I haven't looked at other targets yet, though it goes without saying 
that I don't want to ignore them.

>> What I'm asking you at this point
>> ---------------------------------
>> Like I said, I haven't actually started any of this work (and probably won't for some time).
>>
>> However, if you have any fundamental objections to such a change, please speak up now before I or anybody else embarks on this project. I want to be confident that people are okay with the general direction.
> 
> I think this will be a gigantic project.

Agreed.

> I also fear it willl not help the complexity of the backend infrastructure, since so far it seems we would keep all of the existing mechanisms for dealing with hierarchies around as well and just add one more possibility for tuple registers...
> So while I do see the benefits here especially for GPU targets, I am also undecided/have a bad feeling about adding more complexity into generic LLVM infrastructure.

Point taken.

But what if we can actually transition *everybody* to something that 
expresses registers as (start, end) pairs over an underlying linear 
"array register file"? Maybe it sounds even crazier at first, but bear 
with me ;)

Consider x86, for example. What if we said that we think of the base x86 
register file (with rax, rbx, etc.) as an array of 16 * 8 = 128 bytes. 
In this scheme, we'd have:

AL = (0, 0)
AH = (1, 1)
AX = (0, 1)
EAX = (0, 3)
RAX = (0, 7)
BL = (8, 8)

and so on. Probably we'd want to define many register classes as 
explicit lists, although there's something to be said for defining 
32-bit registers as: "size = 4, start = 0 (mod 8), max_end = 63"

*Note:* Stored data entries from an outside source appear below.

-- ===== src/Codec/RoundTrip/Text.antt =====
-- Strings and symbols: `amqp_encode_string`, `amqp_encode_symbol` and the decoders of their encodings.
use libamqp.Prelude.{
  ℕ, ◌+◌, ◌-◌, ◌/◌, ◌%◌, ◌^◌, ◌<◌, ◌≡◌, refl, Bool, true, false, List, [], ◌∷◌, ltb, ◌==◌,
  if◌then◌else◌, not, arith, ◌∙◌, ap, length, All, leb, some, ◌≤◌,
}
use mathlib.Core.Path.{subst, sym}
use libamqp.Buffer.{Buffer, unchecked_getc_at}
use libamqp.Buffer.Bytes.{Holds, IsByte}
use libamqp.Codec.Errors.{error_invalid_symbol_character, error_invalid_utf8_character}
use libamqp.Codec.MetaData.{MetaData}
use libamqp.Codec.MetaData.Search.{find_code, type_meta_data_lookup_lem}
use libamqp.Codec.MetaData.Table.{
  meta_data_string_str8_utf8, meta_data_string_str32_utf8, meta_data_symbol_sym8,
  meta_data_symbol_sym32,
}
use libamqp.Codec.State.{State, pure}
use libamqp.Codec.State.Hoare.{Returns, Returns-if, Returns-bind}
use libamqp.Codec.Decode.Variable.{
  construct_variable_type, all_characters, checked_variable_type, decode_string_utf8, decode_symbol,
  judge_characters, check_characters,
}
use libamqp.Codec.Decode.Run.{run_decoder}
use libamqp.Codec.Encode.Variable.{
  encode_simple_variable, encode_string, encode_symbol, encode_symbol_sym8, encode_symbol_sym32,
}
use libamqp.Codec.RoundTrip.Reading.{started}
use libamqp.Codec.RoundTrip.Writing.{Wrote}
use libamqp.Codec.RoundTrip.Variable.{Placed}
use libamqp.Codec.RoundTrip.Sized.{wire_data, IsEncoding, sized-Wrote}
use libamqp.Codec.RoundTrip.DataTrip.{DataBack, data_round_trip}

-- Each character is accepted.
abbrev pub Accepts : (ℕ → Bool) → List ℕ → Type 0
Accepts good [] = Unit
Accepts good (c ∷ cs) = (good c ≡ true) × Accepts good cs

all_characters-true :
    (good : ℕ → Bool) (b : Buffer) (i k : ℕ) (cs : List ℕ)
    → i + length cs ≤ b.size
    → Holds b i cs
    → Accepts good cs
    → all_characters good (record b { index = k }) i (length cs) ≡ some true
unfolding all_characters unchecked_getc_at
all_characters-true good b i k [] r h a = refl
all_characters-true good b i k (c ∷ cs) r (e, h) (g, a) =
    let near : leb (i + 1) b.size ≡ true = ground (arith, r) in
    rw (near, e, g) (all_characters-true good b (i + 1) k cs (omega (arith, r)) h a)

checked_variable_type-Placed :
    (good : ℕ → Bool) (code : ℕ) (meta : MetaData) (p k : ℕ) (cs : List ℕ) (s : State)
    → k + length cs ≤ s.buffer.size
    → Holds s.buffer k cs
    → Accepts good cs
    → Returns (construct_variable_type meta p s) (Placed p k (length cs) s)
    → Returns (checked_variable_type good code meta p s) (Placed p k (length cs) s)
checked_variable_type-Placed good code meta p k cs s r h a c =
    let Q : Bool → State → Type 0 = Placed p k (length cs) s in
    Returns-bind (construct_variable_type meta p) _ s Q Q c (λ rc t d.
      let fine : all_characters good t.buffer (t.types p).position_index (t.types p).position_size
          ≡ some true =
        ap (λ b. all_characters good b (t.types p).position_index (t.types p).position_size)
          d.1.1.1.1
        ∙ ap
            (λ i.
              all_characters good (record s.buffer { index = k + length cs }) i
                (t.types p).position_size)
            d.1.0
        ∙ ap (all_characters good (record s.buffer { index = k + length cs }) k) d.1.1.0
        ∙ all_characters-true good s.buffer k (k + length cs) cs r h a in
      Returns-if rc (check_characters good code p) (pure rc) t Q
        (λ q. subst (λ o. Returns (judge_characters code p o t) Q) (sym fine) (refl, d.1))
        (λ q. absurd (cc (q, d.0))))

string-IsEncoding : IsEncoding 0xA1 0xB1 meta_data_string_str8_utf8 meta_data_string_str32_utf8
unfolding find_code
string-IsEncoding = record {
  same_8 = refl;
  same_32 = refl;
  width_8 = refl;
  width_32 = refl;
  scalar_8 = λ x. refl;
  scalar_32 = λ x. refl;
  found_8 = type_meta_data_lookup_lem 0xA1;
  found_32 = type_meta_data_lookup_lem 0xB1;
  valid_8 = refl;
  valid_32 = refl;
}

symbol-IsEncoding : IsEncoding 0xA3 0xB3 meta_data_symbol_sym8 meta_data_symbol_sym32
unfolding find_code
symbol-IsEncoding = record {
  same_8 = refl;
  same_32 = refl;
  width_8 = refl;
  width_32 = refl;
  scalar_8 = λ x. refl;
  scalar_32 = λ x. refl;
  found_8 = type_meta_data_lookup_lem 0xA3;
  found_32 = type_meta_data_lookup_lem 0xB3;
  valid_8 = refl;
  valid_32 = refl;
}

branch_inside :
    (b : Bool) (m n : MetaData) (value : List ℕ) (s : State)
    → (if b then encode_simple_variable m value else encode_simple_variable n value) s
      ≡ encode_simple_variable (if b then m else n) value s
branch_inside true m n value s = refl
branch_inside false m n value s = refl

-- The characters of a string are bytes other than 0, those of a symbol are below 128.
abbrev pub is_string_character : ℕ → Bool
is_string_character c = not (c == 0)

abbrev pub is_symbol_character : ℕ → Bool
is_symbol_character c = c / 2 ^ 7 % 2 == 0

decode-encode_string :
    (string : List ℕ) (s : State)
    → All IsByte string
    → Accepts is_string_character string
    → 0 < length string
    → length string < 2 ^ 32 - 1
    → s.container ≡ 0
    → s.buffer.size + 5 + length string < s.buffer.capacity
    → s.buffer.capacity < 2 ^ 64
    → s.buffer.index ≡ s.buffer.size
    → DataBack (encode_string string) s string
unfolding run_decoder encode_string decode_string_utf8
decode-encode_string string s bytes accepted present short c room z i =
    data_round_trip (encode_string string) string s string-IsEncoding
      (λ t k f hs e.
        checked_variable_type-Placed is_string_character error_invalid_utf8_character
          meta_data_string_str8_utf8 t.next_type k string
          (started meta_data_string_str8_utf8 0xA1 t) f hs accepted e)
      (λ t k f hs e.
        checked_variable_type-Placed is_string_character error_invalid_utf8_character
          meta_data_string_str32_utf8 t.next_type k string
          (started meta_data_string_str32_utf8 0xB1 t) f hs accepted e)
      (omega arith) (omega arith) bytes present short i
      (subst (λ r. Returns r (Wrote s (wire_data 0xA1 0xB1 string)))
        (branch_inside (ltb (length string) 256) meta_data_string_str8_utf8
          meta_data_string_str32_utf8 string s)
        (sized-Wrote string-IsEncoding string s c (omega arith) room z))

decode-encode_symbol :
    (symbol : List ℕ) (s : State)
    → All IsByte symbol
    → Accepts is_symbol_character symbol
    → 0 < length symbol
    → length symbol < 2 ^ 32 - 1
    → s.container ≡ 0
    → s.buffer.size + 5 + length symbol < s.buffer.capacity
    → s.buffer.capacity < 2 ^ 64
    → s.buffer.index ≡ s.buffer.size
    → DataBack (encode_symbol symbol) s symbol
unfolding run_decoder encode_symbol encode_symbol_sym8 encode_symbol_sym32 decode_symbol
decode-encode_symbol symbol s bytes accepted present short c room z i =
    data_round_trip (encode_symbol symbol) symbol s symbol-IsEncoding
      (λ t k f hs e.
        checked_variable_type-Placed is_symbol_character error_invalid_symbol_character
          meta_data_symbol_sym8 t.next_type k symbol (started meta_data_symbol_sym8 0xA3 t) f hs
          accepted e)
      (λ t k f hs e.
        checked_variable_type-Placed is_symbol_character error_invalid_symbol_character
          meta_data_symbol_sym32 t.next_type k symbol (started meta_data_symbol_sym32 0xB3 t) f hs
          accepted e)
      (omega arith) (omega arith) bytes present short i
      (sized-Wrote symbol-IsEncoding symbol s c (omega arith) room z)

-- `amqp_encode_string` and `amqp_encode_symbol` of at least one byte, all of them characters that the
-- type admits, and then `amqp_decode`, on a buffer with nothing left to read and more room than the
-- data takes in its longer encoding, no container open: neither fails, the new object is valid, its
-- position is where the same bytes lie, and everything that was written has been read.
-- The data is of bytes, its length is below 2^32 - 1, and the capacity fits a `size_t`.
pub decode-encode_text :
    (string symbol : List ℕ) (s : State)
    → All IsByte string
    → Accepts is_string_character string
    → All IsByte symbol
    → Accepts is_symbol_character symbol
    → 0 < length string
    → 0 < length symbol
    → length string < 2 ^ 32 - 1
    → length symbol < 2 ^ 32 - 1
    → s.container ≡ 0
    → s.buffer.size + 5 + length string < s.buffer.capacity
    → s.buffer.size + 5 + length symbol < s.buffer.capacity
    → s.buffer.capacity < 2 ^ 64
    → s.buffer.index ≡ s.buffer.size
    → DataBack (encode_string string) s string × DataBack (encode_symbol symbol) s symbol
decode-encode_text string symbol s b1 a1 b2 a2 p1 p2 l1 l2 c h1 h2 z i = (
  decode-encode_string string s b1 a1 p1 l1 c h1 z i,
  decode-encode_symbol symbol s b2 a2 p2 l2 c h2 z i,
)
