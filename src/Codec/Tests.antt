-- ===== src/Codec/Tests.antt =====
-- Runs of the codec on small buffers, and its theorems at concrete values.
mod Encoding
use libamqp.Prelude.{
  ℕ, zero, suc, ◌-◌, ◌%◌, ◌^◌, ◌≡◌, ◌≢◌, refl, true, false, ◌⊎◌, Option, none, some, List, [], ◌∷◌,
  get_elem?, length, arith,
}
use libamqp.Buffer.{Buffer, getc, putc, check_free_space, check_available, advance_read_index}
use libamqp.Buffer.Words.{hton_64}
use libamqp.Codec.MetaData.{MetaData}
use libamqp.Codec.MetaData.Table.{meta_data_null, meta_data_uint, type_lookup_table}
use libamqp.Codec.MetaData.Lookup.{lookup_in, type_meta_data_lookup}
use libamqp.Codec.MetaData.Search.{find_code, lookup_in-find_code, type_meta_data_lookup_lem}
use libamqp.Codec.State.{AmqpType, State, Outcome, returned, aborted, stuck, ◌>>=◌, type_is_invalid}
use libamqp.Codec.State.Hoare.{Ensures, Extends}
use libamqp.Codec.Decode.Fixed.{set_position, boolean_true, small_uint, fixed_width}
use libamqp.Codec.Decode.Variable.{get_variable_type_size, get_variable_type_count}
use libamqp.Codec.Decode.Compound.{list_list, construct_container_type, element_loop}
use libamqp.Codec.Decode.Sound.Constructor.{widths_ok}
use libamqp.Codec.Encode.{initialize_type}
use libamqp.Codec.RoundTrip.FixedWidth.{ReadBack}
use libamqp.Codec.RoundTrip.Integers.{decode-encode_integer}
use libamqp.Codec.Decode.Run.{decode_type_into_result, amqp_decode}
use libamqp.Codec.Decode.Sound.Step.{Result}
use libamqp.Codec.Decode.Sound.Run.{amqp_decode_lem, decode_type_into_result_lem}
use libamqp.Codec.Encode.Fixed.{
  encode_fixed, encode_fixed_eight_byte, encode_uint, encode_ulong, encode_int, encode_long,
}
use libamqp.Buffer.Bytes.{Holds}
use libamqp.Codec.Encode.Variable.{encode_binary}
use libamqp.Codec.RoundTrip.DataTrip.{DataBack}
use libamqp.Codec.RoundTrip.Binary.{decode-encode_binary}
use libamqp.Codec.Samples.{blank, buffer_of, state_of}

-- A list of two elements, `true` and the `uint` 7.
abbrev list_bytes : List ℕ
list_bytes = 0xC0 ∷ 4 ∷ 2 ∷ 0x41 ∷ 0x52 ∷ 7 ∷ []

-- A `uint` with its constructor already read, in the object at 1.
abbrev uint_state : State
uint_state = record {
  buffer = record (buffer_of (0x70 ∷ 0 ∷ 0 ∷ 1 ∷ 2 ∷ [])) { index = 1 };
  types = λ _. record blank { meta_data = some meta_data_uint };
  next_type = 2;
  container = 0;
}

-- The value in an object that was decoded.
word_at : Outcome ℕ → Option ℕ
word_at (returned p s) = some (s.types p).word
word_at (aborted why) = none
word_at stuck = none

decodes_list : word_at (amqp_decode (state_of list_bytes)) ≡ some 2
unfolding word_at amqp_decode type_meta_data_lookup getc list_list construct_container_type
    get_variable_type_size set_position get_variable_type_count element_loop boolean_true small_uint
    advance_read_index
decodes_list = refl

encodes_then_decodes :
    word_at ((encode_ulong 70000 >>= λ _. amqp_decode) (state_of [])) ≡ some 70000
unfolding word_at amqp_decode encode_ulong encode_fixed_eight_byte encode_fixed check_free_space
    initialize_type hton_64 putc type_meta_data_lookup getc fixed_width check_available
    advance_read_index
encodes_then_decodes = refl

amqp_decode_lem_example : Ensures (amqp_decode (state_of list_bytes)) (Result (state_of list_bytes))
amqp_decode_lem_example = amqp_decode_lem (state_of list_bytes) (omega arith)

decode_type_into_result_lem_example : Ensures (decode_type_into_result 5 1 uint_state) (λ rc t.
    Extends 1 uint_state t
    × ((rc ≡ true) ⊎ (((t.types 1).invalid_cause ≢ 0) × (type_is_invalid (t.types 1) ≡ true))))
decode_type_into_result_lem_example =
    decode_type_into_result_lem 5 1 meta_data_uint uint_state (omega arith) (omega arith) refl
      (unfold widths_ok in refl) (omega arith)

decode-encode_integer_example :
    ReadBack (encode_uint 70000) (state_of []) (λ w. w % 2 ^ 32 ≡ 70000)
    × ReadBack (encode_int 70000) (state_of []) (λ w. w % 2 ^ 32 ≡ 70000)
    × ReadBack (encode_ulong (2 ^ 64 - 5)) (state_of []) (λ w. w ≡ 2 ^ 64 - 5)
    × ReadBack (encode_long (2 ^ 64 - 5)) (state_of []) (λ w. w ≡ 2 ^ 64 - 5)
decode-encode_integer_example =
    decode-encode_integer 70000 (2 ^ 64 - 5) (state_of []) (omega arith) (omega arith) refl
      (omega arith) (omega arith) refl

type_meta_data_lookup_lem_example :
    type_meta_data_lookup 0x71 ≡ some (find_code type_lookup_table 0x71)
type_meta_data_lookup_lem_example = type_meta_data_lookup_lem 0x71

decode-encode_binary_example :
    DataBack (encode_binary (7 ∷ 0 ∷ 255 ∷ [])) (state_of []) (7 ∷ 0 ∷ 255 ∷ [])
decode-encode_binary_example =
    decode-encode_binary (7 ∷ 0 ∷ 255 ∷ []) (state_of []) (omega arith) (omega arith) (omega arith)
      refl (omega arith) (omega arith) refl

Then everybody would benefit from fast physical register overlap check, 
at least.

We may even be able to get rid of the whole concept of subregisters, if 
we can find a good data structure for looking up defs and uses of 
intervals in the underlying linear register file.

An important question is: Is there a target that has registers which 
*cannot* be expressed as intervals over an underlying linear array of 
register units?

Admittedly all of this is largely me brainstorming and trying to bounce 
ideas off you and others.

Cheers,
Nicolai
-- 
Lerne, wie die Welt wirklich ist,
Aber vergiss niemals, wie sie sein sollte.